(What is needed)
After finding the line with "AreSame-own [] d = tt" in the data below, set down exactly each line through the one with "unfolding containers_changed", inclusive, and stop there.

Dataset entries

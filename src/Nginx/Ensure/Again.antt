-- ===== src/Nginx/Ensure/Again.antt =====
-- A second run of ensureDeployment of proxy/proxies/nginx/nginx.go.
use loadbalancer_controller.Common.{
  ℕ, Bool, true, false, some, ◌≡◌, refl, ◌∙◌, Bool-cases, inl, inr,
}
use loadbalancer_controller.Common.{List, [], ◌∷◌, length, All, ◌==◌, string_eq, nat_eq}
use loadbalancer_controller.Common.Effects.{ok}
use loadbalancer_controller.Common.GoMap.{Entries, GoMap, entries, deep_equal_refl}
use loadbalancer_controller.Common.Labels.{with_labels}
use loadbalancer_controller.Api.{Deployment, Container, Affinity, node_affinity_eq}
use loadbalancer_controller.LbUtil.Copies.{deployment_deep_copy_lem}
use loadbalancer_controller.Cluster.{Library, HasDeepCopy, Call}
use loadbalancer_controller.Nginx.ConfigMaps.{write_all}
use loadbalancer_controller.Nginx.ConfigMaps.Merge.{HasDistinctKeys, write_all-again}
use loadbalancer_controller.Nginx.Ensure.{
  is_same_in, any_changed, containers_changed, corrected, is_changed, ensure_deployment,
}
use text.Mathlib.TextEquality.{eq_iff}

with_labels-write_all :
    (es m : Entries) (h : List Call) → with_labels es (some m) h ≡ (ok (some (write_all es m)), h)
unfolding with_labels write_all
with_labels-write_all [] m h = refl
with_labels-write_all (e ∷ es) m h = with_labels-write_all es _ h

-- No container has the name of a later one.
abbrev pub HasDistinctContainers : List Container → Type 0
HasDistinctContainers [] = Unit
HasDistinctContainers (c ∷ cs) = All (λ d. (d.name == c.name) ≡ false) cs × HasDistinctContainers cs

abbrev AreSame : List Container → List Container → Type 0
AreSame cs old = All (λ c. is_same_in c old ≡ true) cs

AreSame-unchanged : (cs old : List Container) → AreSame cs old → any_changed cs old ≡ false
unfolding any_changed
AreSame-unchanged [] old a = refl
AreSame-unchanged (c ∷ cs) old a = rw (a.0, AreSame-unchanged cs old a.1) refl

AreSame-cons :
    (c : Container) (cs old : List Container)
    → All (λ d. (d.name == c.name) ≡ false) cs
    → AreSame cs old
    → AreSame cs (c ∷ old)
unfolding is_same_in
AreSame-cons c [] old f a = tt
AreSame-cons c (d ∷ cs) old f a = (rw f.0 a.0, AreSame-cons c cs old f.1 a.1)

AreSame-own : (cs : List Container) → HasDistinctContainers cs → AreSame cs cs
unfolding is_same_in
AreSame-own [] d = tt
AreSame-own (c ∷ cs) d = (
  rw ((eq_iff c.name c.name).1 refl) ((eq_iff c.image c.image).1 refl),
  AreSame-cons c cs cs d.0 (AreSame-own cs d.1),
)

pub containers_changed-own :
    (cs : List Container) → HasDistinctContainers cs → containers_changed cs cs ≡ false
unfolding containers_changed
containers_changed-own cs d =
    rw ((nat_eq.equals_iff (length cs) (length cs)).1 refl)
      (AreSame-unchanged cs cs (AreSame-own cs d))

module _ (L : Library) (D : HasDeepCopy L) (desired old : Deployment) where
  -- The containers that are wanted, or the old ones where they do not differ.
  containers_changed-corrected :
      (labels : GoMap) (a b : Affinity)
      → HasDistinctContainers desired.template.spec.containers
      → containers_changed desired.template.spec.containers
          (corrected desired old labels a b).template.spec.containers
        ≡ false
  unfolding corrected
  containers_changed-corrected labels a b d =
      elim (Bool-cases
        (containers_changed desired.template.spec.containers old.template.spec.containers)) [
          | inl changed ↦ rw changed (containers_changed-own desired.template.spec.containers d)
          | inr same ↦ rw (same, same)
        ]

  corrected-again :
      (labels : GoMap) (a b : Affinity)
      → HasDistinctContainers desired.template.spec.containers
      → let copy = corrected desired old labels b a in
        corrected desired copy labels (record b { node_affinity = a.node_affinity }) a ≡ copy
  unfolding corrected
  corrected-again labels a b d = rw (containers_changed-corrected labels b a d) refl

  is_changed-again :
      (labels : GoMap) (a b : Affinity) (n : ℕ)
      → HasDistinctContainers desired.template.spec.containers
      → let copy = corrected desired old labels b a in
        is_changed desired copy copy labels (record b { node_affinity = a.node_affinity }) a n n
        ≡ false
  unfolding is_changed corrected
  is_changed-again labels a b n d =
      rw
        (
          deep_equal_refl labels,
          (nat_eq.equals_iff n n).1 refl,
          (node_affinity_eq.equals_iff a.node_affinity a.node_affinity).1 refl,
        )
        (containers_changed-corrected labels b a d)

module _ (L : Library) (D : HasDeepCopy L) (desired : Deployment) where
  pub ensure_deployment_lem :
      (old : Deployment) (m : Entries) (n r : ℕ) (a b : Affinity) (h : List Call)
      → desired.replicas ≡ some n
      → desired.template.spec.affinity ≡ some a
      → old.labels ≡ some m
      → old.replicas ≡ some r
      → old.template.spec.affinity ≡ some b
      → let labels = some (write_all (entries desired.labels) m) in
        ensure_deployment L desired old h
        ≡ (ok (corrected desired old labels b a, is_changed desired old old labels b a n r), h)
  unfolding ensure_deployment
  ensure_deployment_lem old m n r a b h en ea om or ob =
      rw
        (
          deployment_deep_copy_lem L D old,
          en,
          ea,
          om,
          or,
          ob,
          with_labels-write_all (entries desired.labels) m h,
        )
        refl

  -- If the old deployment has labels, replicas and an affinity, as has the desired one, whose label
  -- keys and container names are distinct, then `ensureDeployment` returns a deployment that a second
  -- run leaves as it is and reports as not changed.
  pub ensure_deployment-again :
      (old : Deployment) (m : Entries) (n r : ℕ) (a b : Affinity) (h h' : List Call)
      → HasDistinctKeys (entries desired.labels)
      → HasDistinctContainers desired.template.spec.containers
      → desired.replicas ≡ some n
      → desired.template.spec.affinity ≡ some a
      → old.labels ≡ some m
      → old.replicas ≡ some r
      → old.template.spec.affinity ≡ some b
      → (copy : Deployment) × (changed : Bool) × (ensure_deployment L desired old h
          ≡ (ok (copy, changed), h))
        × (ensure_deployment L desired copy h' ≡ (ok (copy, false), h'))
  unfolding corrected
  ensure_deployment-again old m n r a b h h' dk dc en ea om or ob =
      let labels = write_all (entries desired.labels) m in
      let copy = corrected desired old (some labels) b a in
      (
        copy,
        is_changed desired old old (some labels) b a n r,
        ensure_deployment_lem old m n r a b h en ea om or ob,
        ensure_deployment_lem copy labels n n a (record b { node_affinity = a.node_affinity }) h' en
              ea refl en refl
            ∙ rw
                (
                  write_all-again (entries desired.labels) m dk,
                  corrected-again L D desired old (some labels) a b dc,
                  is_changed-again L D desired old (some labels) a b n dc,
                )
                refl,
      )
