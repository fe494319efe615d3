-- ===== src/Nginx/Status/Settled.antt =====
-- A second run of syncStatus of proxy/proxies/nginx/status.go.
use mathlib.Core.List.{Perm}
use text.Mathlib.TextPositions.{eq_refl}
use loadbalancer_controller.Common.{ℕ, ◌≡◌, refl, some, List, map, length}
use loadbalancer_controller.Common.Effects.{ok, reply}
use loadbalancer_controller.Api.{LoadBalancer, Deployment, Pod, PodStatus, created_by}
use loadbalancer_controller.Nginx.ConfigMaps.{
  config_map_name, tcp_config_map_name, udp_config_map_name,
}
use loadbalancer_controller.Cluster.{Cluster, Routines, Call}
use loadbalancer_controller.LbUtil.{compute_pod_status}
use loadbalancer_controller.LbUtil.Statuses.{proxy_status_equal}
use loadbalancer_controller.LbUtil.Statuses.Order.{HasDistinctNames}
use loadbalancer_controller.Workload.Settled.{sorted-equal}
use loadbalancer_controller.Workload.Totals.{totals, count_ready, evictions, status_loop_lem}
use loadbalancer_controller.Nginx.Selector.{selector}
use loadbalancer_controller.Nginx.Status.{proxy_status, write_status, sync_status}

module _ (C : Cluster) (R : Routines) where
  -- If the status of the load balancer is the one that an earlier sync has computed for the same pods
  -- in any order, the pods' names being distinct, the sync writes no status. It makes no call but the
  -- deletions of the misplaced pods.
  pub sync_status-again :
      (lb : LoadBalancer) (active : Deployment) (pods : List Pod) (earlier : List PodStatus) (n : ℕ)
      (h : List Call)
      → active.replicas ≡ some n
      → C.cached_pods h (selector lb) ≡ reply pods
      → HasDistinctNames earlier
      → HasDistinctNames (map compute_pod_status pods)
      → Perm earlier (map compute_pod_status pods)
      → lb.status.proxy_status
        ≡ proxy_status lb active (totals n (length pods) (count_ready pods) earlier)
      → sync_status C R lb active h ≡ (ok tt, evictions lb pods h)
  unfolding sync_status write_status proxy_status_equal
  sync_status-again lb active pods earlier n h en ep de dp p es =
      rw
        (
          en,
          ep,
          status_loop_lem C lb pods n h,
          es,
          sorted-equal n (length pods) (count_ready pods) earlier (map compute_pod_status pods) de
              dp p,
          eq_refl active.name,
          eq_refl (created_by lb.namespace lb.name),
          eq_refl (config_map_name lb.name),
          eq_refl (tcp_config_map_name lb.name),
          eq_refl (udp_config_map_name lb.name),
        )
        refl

(Answer section)
AreSame-own [] d = tt
AreSame-own (c ∷ cs) d = (
  rw ((eq_iff c.name c.name).1 refl) ((eq_iff c.image c.image).1 refl),
  AreSame-cons c cs cs d.0 (AreSame-own cs d.1),
)

pub containers_changed-own :
    (cs : List Container) → HasDistinctContainers cs → containers_changed cs cs ≡ false
unfolding containers_changed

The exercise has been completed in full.